Should be removed now.


router/dataplane.go line 712 at r3 (raw file):

Previously, matzf (Matthias Frei) wrote…

Adapt the SCMP handling logic instead (i.e. do the copy there).
Also move the logic for the lines above ("SCMP go back the way they came") into the processor code. Here, on this level, we shouldn't have exceptional handling for SCMPs (except for debug log / metrics perhaps).

Moved the copy logic to the packSCMP() function.


router/dataplane.go line 792 at r3 (raw file):

Previously, matzf (Matthias Frei) wrote…

This read-loop could nicely be extracted into a function readUpTo(chan packet, n int, []packet) int.

I created such a function.


router/dataplane.go line 793 at r3 (raw file):

Previously, matzf (Matthias Frei) wrote…

This MSG_DONTWAIT is no longer necessary. This was simple way to avoid having a slow write blocking a read. As this is now decoupled, this can go away, and the EAGAIN error special case is not needed anymore.

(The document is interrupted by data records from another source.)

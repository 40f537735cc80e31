-- ===== src/Library/Sanitize/Filename.antt =====
-- SanitizeFilename: the runes and the length of the name it gives.
use homesink.Base.{
  ℕ, ◌+◌, ◌-◌, ◌≤◌, ◌<◌, ◌≡◌, ◌≢◌, refl, sym, subst, inl, inr, Bool, true, false, [], ◌∷◌, ◌++◌,
  Str, codes, len, bytes, rune_bytes, all, trim, trim_left, trim_right, trim_right_step, ltb, leb,
  if◌then◌else◌, Bool-cases, leb-false, ltb-false, arith, length-append,
}
use homesink.Base.Texts.{all-Prefix, all-left, all-right, starts, starts-trim, len-append}
use homesink.Base.Decimal.{all-append}
use homesink.Library.Clusters.{Segmenter, truncate_grapheme_bytes}
use homesink.Library.Clusters.Prefix.{
  truncate_grapheme_bytes-Prefix, len-truncate_grapheme_bytes-le,
}
use homesink.Library.Sanitize.{
  last_path_segment, strip_forbidden, collapse_whitespace, filename_fallback, max_filename_bytes,
  contains_rune, is_forbidden, is_dot_or_space, trim_dots_and_spaces, suffix_reserved, split_ext,
  or_else, fit_filename, filename_steps, refit, sanitize_filename,
}
use homesink.Library.Sanitize.Safe.{is_safe, trim_dots_and_spaces-all, cleaned-all, suffixed-all}
use homesink.Library.Sanitize.Extension.{
  is_dot, is_ext, Parts, split_ext-Parts, ext-Prefix, stem-ext,
}

-- What a name must be, that is to be one component of a path.
pub record Component (s : Str) : Type 0 where
  pub runes : all is_safe s ≡ true
  pub fits : len s ≤ 245
  pub not_parent : s ≢ codes ".."

len-cons : (r : ℕ) (s : Str) → len s ≤ len (r ∷ s)
unfolding len bytes
len-cons r s = omega (arith, length-append (rune_bytes r) (bytes s))

len-trim_left : (p : ℕ → Bool) (s : Str) → len (trim_left p s) ≤ len s
unfolding trim_left
len-trim_left p [] = omega arith
len-trim_left p (r ∷ s) = ground (arith, len-trim_left p s, len-cons r s)

len-congr : (r : ℕ) (s t : Str) → len s ≤ len t → len (r ∷ s) ≤ len (r ∷ t)
unfolding len bytes
len-congr r s t h =
    omega (arith, length-append (rune_bytes r) (bytes s), length-append (rune_bytes r) (bytes t))

len-trim_right_step : (p : ℕ → Bool) (r : ℕ) (s : Str) → len (trim_right_step p r s) ≤ len (r ∷ s)
unfolding trim_right_step
len-trim_right_step p r [] = elim (Bool-cases (p r)) [
  | inl t ↦ rw t (len-cons r [])
  | inr t ↦ rw t (omega arith)
]
len-trim_right_step p r (t ∷ ts) = omega arith

len-trim_right : (p : ℕ → Bool) (s : Str) → len (trim_right p s) ≤ len s
unfolding trim_right
len-trim_right p [] = omega arith
len-trim_right p (r ∷ s) = omega (
  arith,
  len-trim_right_step p r (trim_right p s),
  len-congr r (trim_right p s) s (len-trim_right p s),
)

len-trim_dots_and_spaces : (s : Str) → len (trim_dots_and_spaces s) ≤ len s
unfolding trim_dots_and_spaces trim
len-trim_dots_and_spaces s = omega (
  arith,
  len-trim_right is_dot_or_space (trim_left is_dot_or_space s),
  len-trim_left is_dot_or_space s,
)

if-starts :
    (b : Bool) (s : Str)
    → starts is_dot s ≡ false
    → starts is_dot (if b then s ++ 95 ∷ [] else s) ≡ false
if-starts false s h = h
if-starts true [] h = refl
if-starts true (r ∷ s) h = h

starts-suffix_reserved :
    (s : Str) → starts is_dot s ≡ false → starts is_dot (suffix_reserved s) ≡ false
unfolding suffix_reserved
starts-suffix_reserved s = if-starts _ s

starts_dot : (s : Str) → starts is_dot_or_space s ≡ false → starts is_dot s ≡ false
starts_dot [] h = refl
starts_dot (r ∷ s) h = ground arith

starts-trim_dots : (s : Str) → starts is_dot (trim_dots_and_spaces s) ≡ false
unfolding trim_dots_and_spaces
starts-trim_dots s = starts_dot (trim is_dot_or_space s) (starts-trim is_dot_or_space s)

module _ (extra : Segmenter) where
  cut-Component :
      (ext : Str)
      → is_ext ext ≡ true
      → all is_safe ext ≡ true
      → Component (truncate_grapheme_bytes extra ext max_filename_bytes)
  cut-Component ext e a =
      let cut = truncate_grapheme_bytes-Prefix extra ext max_filename_bytes in
      record {
        runes = all-Prefix is_safe (truncate_grapheme_bytes extra ext max_filename_bytes) ext cut a;
        fits = len-truncate_grapheme_bytes-le extra ext max_filename_bytes;
        not_parent = ext-Prefix (truncate_grapheme_bytes extra ext max_filename_bytes) ext cut e;
      }

  joined-Component :
      (stem ext : Str)
      → starts is_dot stem ≡ false
      → is_ext ext ≡ true
      → all is_safe stem ≡ true
      → all is_safe ext ≡ true
      → len stem + len ext ≤ max_filename_bytes
      → Component (stem ++ ext)
  joined-Component stem ext s e a b n = record {
    runes = all-append is_safe stem ext a b;
    fits = omega (arith, len-append stem ext);
    not_parent = stem-ext stem ext s e;
  }

  shortened-Component :
      (stem ext : Str)
      → is_ext ext ≡ true
      → all is_safe stem ≡ true
      → all is_safe ext ≡ true
      → len ext < max_filename_bytes
      → Component (
          trim_dots_and_spaces (truncate_grapheme_bytes extra stem (max_filename_bytes - len ext))
          ++ ext)
  shortened-Component stem ext e a b n =
      let cut = truncate_grapheme_bytes extra stem (max_filename_bytes - len ext) in
      joined-Component (trim_dots_and_spaces cut) ext (starts-trim_dots cut) e
        (trim_dots_and_spaces-all is_safe cut (
          all-Prefix is_safe cut stem
            (truncate_grapheme_bytes-Prefix extra stem (max_filename_bytes - len ext)) a))
        b
        (omega (
          arith,
          len-trim_dots_and_spaces cut,
          len-truncate_grapheme_bytes-le extra stem (max_filename_bytes - len ext),
        ))

  pub fit_filename-Component :
      (stem ext : Str)
      → starts is_dot stem ≡ false
      → is_ext ext ≡ true
      → all is_safe stem ≡ true
      → all is_safe ext ≡ true
      → Component (fit_filename extra stem ext)
  unfolding fit_filename
  fit_filename-Component stem ext s e a b = elim (Bool-cases (leb max_filename_bytes (len ext))) [
    | inl t ↦ rw t (cut-Component ext e b)
    | inr t ↦ rw t (elim (Bool-cases (ltb max_filename_bytes (len stem + len ext))) [
      | inl u ↦ rw u (shortened-Component stem ext e a b (leb-false max_filename_bytes (len ext) t))
      | inr u ↦
          rw u (
            joined-Component stem ext s e a b (ltb-false max_filename_bytes (len stem + len ext) u))
    ])
  ]

  refit-Component :
      (whole : Str) (parts : Str × Str)
      → Parts whole parts
      → starts is_dot whole ≡ false
      → all is_safe whole ≡ true
      → Component (refit extra parts)
  refit-Component whole (stem, ext) p s a =
      let both = subst (λ (x : Str). all is_safe x ≡ true) (sym p.joined) a in
      fit_filename-Component (suffix_reserved stem) ext (starts-suffix_reserved stem (p.stem s))
        p.ext (suffixed-all stem (all-left is_safe stem ext both)) (all-right is_safe stem ext both)

or_else-Component : (s : Str) → Component s → Component (or_else filename_fallback s)
unfolding is_forbidden contains_rune len bytes rune_bytes
or_else-Component [] c = record { runes = refl; fits = omega arith; not_parent = λ e. cc e }
or_else-Component (r ∷ s) c = c

or_else-some : (fallback s : Str) → fallback ≢ [] → or_else fallback s ≢ []
or_else-some fallback [] h e = h e
or_else-some fallback (r ∷ s) h e = cc e

-- SanitizeFilename gives a name of at most 245 bytes for every text: it is not empty and not the
-- parent directory, and no rune of it is a separator, one of : * ? " < > | or below U+0020.
pub sanitize_filename-Component :
    (nfc : Str → Str) (extra : Segmenter) (raw : Str)
    → Component (sanitize_filename nfc extra raw) × (sanitize_filename nfc extra raw ≢ [])
unfolding sanitize_filename filename_steps
sanitize_filename-Component nfc extra raw =
    let s = filename_steps nfc raw in
    let parts = split_ext s in
    (
      or_else-Component (refit extra parts) (
          refit-Component extra s parts (split_ext-Parts s)
            (starts-trim_dots (collapse_whitespace (strip_forbidden (last_path_segment (nfc raw)))))
            (cleaned-all (last_path_segment (nfc raw)))),
      or_else-some filename_fallback (refit extra parts) (λ e. cc e),
    )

Also, sendmmsg returns after the first error. We can skip the erroring packet without retry (I'd say it's too hard to figure out whether retry would work), but we need to retry all the remaining ones. For this, we ideally first check if we can add in some new packets from the channel, to always use a full batch size when possible.
sendmmsg returns an error only if the error occured on the first packet, so the error is effectively useless, we just need the number

I changed the implementation. Additionally to what you suggested I rearranged the packets to prevent packet reordering.
E.g. we have the packets 1, 2, 3, ... 8 in the queue and the batch [1,2,3,4]. If we have an error on packet 3, packet 1 and 2 were sent successfully, packet 3 is dropped and the next batch would look like [4,5,6,7].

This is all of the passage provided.